Da drin werden Schleie auch "etwas größer". :m 

Für die großen Schleie brauchst Du fette Tauwürmer, ne Knicklichtposenmontage, 1er Wurmhaken und eine Engelsgeduld. |supergri


----------



## Marcus van K (31. Juli 2005)

*AW: Aktuelle Schleienfänge 2005*

Hey Hocicio und FreeLee, da kann mann ja nur Gratulieren! Der See sieht ja gut aus, aber zu dritt nicht zu beangeln hab ich gehört!?

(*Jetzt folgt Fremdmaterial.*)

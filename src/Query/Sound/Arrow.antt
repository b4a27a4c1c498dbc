-- ===== src/Query/Sound/Arrow.antt =====
-- The calls of QueryCursor for Arrow chunks keep `IsSound`.
use duckdb_data.Query.Types.{
  HttpResponse, QueryOptions, QueryError, Environment, Run, bind_result, pure, modify, ◌>>◌, add64,
}
use duckdb_data.Query.Session.{left_of, finish, check_active, send}
use duckdb_data.Query.Cursor.{
  ask_arrow, fetch_arrow, next_arrow_active, count_arrow_rows, chunk_url, chunk_fault, check_status,
  next_arrow_body, next_arrow_chunk, report_body, report_arrow_chunk,
}
use duckdb_data.Query.Sound.{Fits, IsSound, Keeps, then-Keeps}
use duckdb_data.Query.Sound.Steps.{
  rows-AreWithin, cells-AreWithin, query_url-starts_with, try_or_cancel-Keeps, check_active-Keeps,
  send-Keeps,
}
use duckdb_data.Query.Sound.Chunks.{
  get_request-AreConfined, AreConfined-instance_url, finish-none-Keeps,
}
use native.Mathlib.Nat.{mul-le-mul_right, div-mul-le_self}
use duckdb_data.Base.{
  ℕ, zero, suc, ◌*◌, ◌/◌, ◌≤◌, ◌≡◌, true, false, not, ◌&&◌, ◌||◌, Option, none, ◌++◌, arith, ltb,
  leb, ◌==◌, if-holds, length, Bytes, codes, to_string, Result, err,
}

-- Rows within what is left of the cells for each column.
product-fits :
    (left columns n : ℕ)
    → not (columns == 0) && ltb (left / columns) n ≡ false
    → ltb left (n * columns) ≡ false
product-fits left zero n h = ground arith
product-fits left (suc c) n h =
    let few : n ≤ left / suc c = ground (arith, h) in
    let most : n * suc c ≤ left / suc c * suc c = mul-le-mul_right (suc c) few in
    ground (arith, most, div-mul-le_self left (suc c))

module _ (u token : Bytes) (o : QueryOptions) (fits : Fits o) (env : Environment) where
  ask_arrow-Keeps :
      (w : Run)
      → IsSound u token o w
      → IsSound u token o (record w { session = ask_arrow w.session })
  ask_arrow-Keeps w h =
      let s = w.session in
      let e = AreConfined-instance_url u token o s.instance_url s.request w.sent h.0 in
      (
        get_request-AreConfined u token o (chunk_url s) s.instance_url
            (codes "application/vnd.apache.arrow.stream") s.request w.sent
            (query_url-starts_with u s (codes "/chunks/" ++ to_string s.next_chunk_index) e) h.0,
        h.1,
      )

  abbrev Holds : (A : Type 0) → Result QueryError A × Run → Type 0
  Holds A x = IsSound u token o x.1

  check_status-Keeps : (r : HttpResponse) → Keeps (IsSound u token o) (check_status env r)
  unfolding check_status
  check_status-Keeps r w h =
      let active = check_active-Keeps u token o env w h in
      if-holds (λ (x : Result QueryError HttpResponse × Run). IsSound u token o x.1)
        (ltb r.status 200 || leb 300 r.status)
        (err (chunk_fault env (env.decode w.turn r)), record w { turn = suc w.turn })
        (bind_result (check_active env w)
          (λ _. modify (λ x. record x { arrow_response_outstanding = true }) >> pure r))
        (λ e. h) (λ e. then-Keeps (IsSound u token o) (check_active env w) _ active (λ a v p. p))

  fetch_arrow-Keeps : Keeps (IsSound u token o) (fetch_arrow env)
  unfolding fetch_arrow
  fetch_arrow-Keeps w h =
      let v : Run = record w { session = ask_arrow w.session } in
      then-Keeps (IsSound u token o) (send env v) _
        (send-Keeps u token o fits env v (ask_arrow-Keeps w h))
        (λ r x q.
          then-Keeps (IsSound u token o) (check_status env r x) _ (check_status-Keeps r x q)
            (λ kept y s. s))

  next_arrow_active-Keeps : Keeps (IsSound u token o) (next_arrow_active env)
  unfolding next_arrow_active
  next_arrow_active-Keeps w h =
      if-holds (Holds (Option HttpResponse))
        (leb w.session.expected_chunks w.session.next_chunk_index) ((finish >> pure none) w)
        (fetch_arrow env w) (λ e. finish-none-Keeps u token o HttpResponse w h)
        (λ e. fetch_arrow-Keeps w h)

  next_arrow_body-Keeps : Keeps (IsSound u token o) (next_arrow_body env)
  unfolding next_arrow_body
  next_arrow_body-Keeps w h =
      then-Keeps (IsSound u token o) (check_active env w) (λ _. next_arrow_active env)
        (check_active-Keeps u token o env w h) (λ a. next_arrow_active-Keeps)

  pub next_arrow_chunk-Keeps : Keeps (IsSound u token o) (next_arrow_chunk env)
  unfolding next_arrow_chunk
  next_arrow_chunk-Keeps w h =
      let body = try_or_cancel-Keeps u token o (next_arrow_body env) next_arrow_body-Keeps w h in
      ground (arith, h, body)

  count_arrow_rows-Keeps : (n : ℕ) → Keeps (IsSound u token o) (count_arrow_rows env n)
  unfolding count_arrow_rows
  count_arrow_rows-Keeps n w h =
      let s = w.session in
      let more = rows-AreWithin o fits s.options s.rows s.cells s.total_response_bytes n h.1 in
      let most =
        cells-AreWithin o fits s.options (add64 s.rows n) s.cells s.total_response_bytes
          (n * length s.metadata) in
      let room = product-fits (left_of s.options.max_cells s.cells) (length s.metadata) n in
      ground (arith, h, more, most, room, fits)

  report_body-Keeps : (n : ℕ) → Keeps (IsSound u token o) (report_body env n)
  unfolding report_body
  report_body-Keeps n w h =
      then-Keeps (IsSound u token o) (check_active env w) (λ _. count_arrow_rows env n)
        (check_active-Keeps u token o env w h) (λ a. count_arrow_rows-Keeps n)

  pub report_arrow_chunk-Keeps : (n : ℕ) → Keeps (IsSound u token o) (report_arrow_chunk env n)
  unfolding report_arrow_chunk
  report_arrow_chunk-Keeps n w h =
      let body = try_or_cancel-Keeps u token o (report_body env n) (report_body-Keeps n) w h in
      ground (arith, h, body)
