-- ===== src/Query/Sound/Queries.antt =====
-- The calls of QueryApiV3Client keep `IsSound`.
use duckdb_data.Query.Types.{QueryResponse, QueryOptions, Session, Environment, Run}
use duckdb_data.Query.Session.{query_url, remember_query_id, check_active, send}
use duckdb_data.Query.Cursor.{get_request}
use duckdb_data.Query.Client.{
  ask_status, take_metadata, check_columns, settle, describe, adopt_counts, conclude, exchange,
  poll_once, poll, adopt_direct, adopt_numbered, adopt, submit, prepare_internal,
}
use duckdb_data.Query.Sound.{Fits, IsSound, Keeps, patched-IsSound, then-Keeps}
use duckdb_data.Query.Sound.Steps.{
  query_url-endpoint, query_url-starts_with, try_or_cancel-Keeps, check_active-Keeps, send-Keeps,
  decode-Keeps, remember_query_id-Keeps,
}
use duckdb_data.Query.Sound.Chunks.{get_request-AreConfined, AreConfined-instance_url}
use duckdb_data.Base.{ℕ, zero, suc, ◌+◌, ◌++◌, arith, Bytes, codes}

module _ (u token : Bytes) (o : QueryOptions) (fits : Fits o) (env : Environment) where
  exchange-Keeps : Keeps (IsSound u token o) (exchange env)
  exchange-Keeps w h =
      then-Keeps (IsSound u token o) (send env w) _ (send-Keeps u token o fits env w h)
        (decode-Keeps u token o env)

  -- What is asked next, below the query's URL.
  abbrev below : Bytes → Session → Session
  below rest s = record s { request = get_request (query_url s ++ rest) s.request }

  below-Keeps :
      (rest : Bytes) (w : Run)
      → IsSound u token o w
      → IsSound u token o (record w { session = below rest w.session })
  below-Keeps rest w h =
      let s = w.session in
      let e = AreConfined-instance_url u token o s.instance_url s.request w.sent h.0 in
      (
        get_request-AreConfined u token o (query_url s ++ rest) s.instance_url s.request.accept
            s.request w.sent (query_url-starts_with u s rest e) h.0,
        h.1,
      )

  settle-Keeps : Keeps (IsSound u token o) (settle env)
  unfolding settle
  settle-Keeps w h =
      then-Keeps (IsSound u token o) (exchange env w) _ (exchange-Keeps w h) (λ r v p.
        then-Keeps (IsSound u token o) (remember_query_id r v) _
          (remember_query_id-Keeps u token o r v p)
          (λ a x q.
            then-Keeps (IsSound u token o) (check_active env x) _
              (check_active-Keeps u token o env x q) (λ b y s. s)))

  ask_status-Keeps : Keeps (IsSound u token o) (ask_status env)
  unfolding ask_status
  ask_status-Keeps w h =
      let s = w.session in
      let e = AreConfined-instance_url u token o s.instance_url s.request w.sent h.0 in
      settle-Keeps
        (record w { session = record s { request = get_request (query_url s) s.request } })
        (
          get_request-AreConfined u token o (query_url s) s.instance_url s.request.accept s.request
              w.sent (query_url-endpoint u s e) h.0,
          h.1,
        )

  poll_once-Keeps : Keeps (IsSound u token o) (poll_once env)
  unfolding poll_once
  poll_once-Keeps w h =
      let slept : Run = record w {
        turn = suc w.turn;
        slept_ms = w.slept_ms + w.session.options.poll_interval_ms;
      } in
      let rest =
        then-Keeps (IsSound u token o) (check_active env slept) (λ _. ask_status env)
          (check_active-Keeps u token o env slept h) (λ a. ask_status-Keeps) in
      ground (arith, h, rest)

  poll-Keeps : (n : ℕ) (r : QueryResponse) → Keeps (IsSound u token o) (poll env n r)
  unfolding poll
  poll-Keeps zero r w h = ground (arith, h)
  poll-Keeps (suc n) r w h =
      let again =
        then-Keeps (IsSound u token o) (poll_once env w) (λ next. poll env n next)
          (poll_once-Keeps w h) (λ next. poll-Keeps n next) in
      ground (arith, h, again)

  adopt_direct-Keeps : (r : QueryResponse) → Keeps (IsSound u token o) (adopt_direct r)
  unfolding adopt_direct
  adopt_direct-Keeps r w h = h

  adopt_counts-Keeps : (r : QueryResponse) → Keeps (IsSound u token o) (adopt_counts r)
  unfolding adopt_counts
  adopt_counts-Keeps r w h = patched-IsSound u token o w (adopt_counts r w).1 (ground arith) h

  take_metadata-Keeps : (r : QueryResponse) → Keeps (IsSound u token o) (take_metadata r)
  unfolding take_metadata
  take_metadata-Keeps r w h = patched-IsSound u token o w (take_metadata r w).1 (ground arith) h

  describe-Keeps : Keeps (IsSound u token o) (describe env)
  unfolding describe
  describe-Keeps w h =
      then-Keeps (IsSound u token o)
        (exchange env (record w { session = below (codes "/metadata") w.session })) take_metadata
        (exchange-Keeps (record w { session = below (codes "/metadata") w.session })
          (below-Keeps (codes "/metadata") w h))
        take_metadata-Keeps

  adopt_numbered-Keeps : (r : QueryResponse) → Keeps (IsSound u token o) (adopt_numbered env r)
  unfolding adopt_numbered
  adopt_numbered-Keeps r w h =
      then-Keeps (IsSound u token o) (adopt_counts r w) (λ _. describe env)
        (adopt_counts-Keeps r w h) (λ a. describe-Keeps)

  adopt-Keeps : (r : QueryResponse) → Keeps (IsSound u token o) (adopt env r)
  unfolding adopt
  adopt-Keeps r w h =
      let numbered = adopt_numbered-Keeps r w h in
      let direct = adopt_direct-Keeps r w h in ground (arith, numbered, direct)

  check_columns-Keeps : Keeps (IsSound u token o) check_columns
  unfolding check_columns
  check_columns-Keeps w h = patched-IsSound u token o w (check_columns w).1 (ground arith) h

  conclude-Keeps : (r : QueryResponse) → Keeps (IsSound u token o) (conclude env r)
  unfolding conclude
  conclude-Keeps r w h =
      let rest =
        then-Keeps (IsSound u token o) (adopt env r w) (λ _. check_columns) (adopt-Keeps r w h)
          (λ a v p. check_columns-Keeps v p) in
      ground (arith, h, rest)

  pub submit-Keeps : (n : ℕ) → Keeps (IsSound u token o) (submit env n)
  unfolding submit
  submit-Keeps n w h =
      then-Keeps (IsSound u token o) (settle env w) _ (settle-Keeps w h) (λ first v p.
        then-Keeps (IsSound u token o) (poll env n first v) (conclude env) (poll-Keeps n first v p)
          conclude-Keeps)

  pub prepare_internal-Keeps :
      (n : ℕ) (sql url secret : Bytes)
      → Keeps (IsSound u token o) (prepare_internal env n sql url secret)
  unfolding prepare_internal
  prepare_internal-Keeps n sql url secret w h =
      let started : Run = record w {
        turn = suc (suc w.turn);
        session = record w.session { started_at_ms = env.now_ms (suc w.turn) w.slept_ms };
      } in
      let rest = try_or_cancel-Keeps u token o (submit env n) (submit-Keeps n) started h in
      ground (arith, h, rest)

Nochmal kurz auf die Aussagen der Gründelblasen zurückzukommen, welcher Fisch ist im Stande ne Fläche von ca 4-5 m2 in einen Blasenteppich zu verwandeln?


----------



## FreeLee (1. August 2005)

*AW: Aktuelle Schleienfänge 2005*

@ Marcus van K:

Zu dritt ist es dort wirklich etwas eng. Aber vielleicht legen die "Eingeborenen" da bald wieder ein Boot hin. Damit könnten wir dann raus.

Zu den Blubberbläschen: Wie sahen die Blasen denn aus? Eher groß, oder so kleine Sektbläschen. Solche kommen nämlich von den Grünen.

Ich denke aber eher, das waren Karpfen, können ja auch mehrere gewesen sein.


----------



## Marcus van K (1. August 2005)

*AW: Aktuelle Schleienfänge 2005*

JA, denke auch mal das es die großen gemeinen Raubkarpfen waren |supergri 
Ist halt nur ne ziemlich große Fläche gewesen und die Bläschen kamen auch irgendwie alle mit einmal hoch. Dann bin ich ja mal gespannt wann der Häuptling, des Eingeborenenstamms unserer gnädig ist.


----------



## Counter-Striker (11. August 2005)

*AW: Aktuelle Schleienfänge 2005*

wann fangt ihr denn eure schleien immer ? von wann bis wann beissen sie denn gut ?


----------



## Achim_68 (11. August 2005)

*AW: Aktuelle Schleienfänge 2005*

nur noch 16 Tage bis zum Urlaub am Weissensee in Kärnten........ und dann werden es wohl auch wieder ein paar Schleien sein. Allerdings als Beifang beim Karpfenfischen mit Mais und Kartoffel. Angefüttert wird mit Kürbiskernplatten. Gefischt normalerweise mit Mais (an der Posenmontage auf Grund ) auf einem Maisteppich. In der Abenddämmerung/ Nachts beissen dann oft Schleien. Die schwerste bis jetzt 6 1/2 Pfund - ist allerdings schon drei Jahre her.


----------



## Dorschi (11. August 2005)

*AW: Aktuelle Schleienfänge 2005*

Na denn hau mal rein Achim und Digicam nich vergessen! Wir wollen Bilders  sehen!


----------



## Flussbarschfan (12. August 2005)

*AW: Aktuelle Schleienfänge 2005*

gestern war ich wieder mal am Vereinssee... geplant war Zander/Hecht und Karpfen/Schleie... als ich ankam wars leicht windig ne Stunde vor Dämmerungsbeginn..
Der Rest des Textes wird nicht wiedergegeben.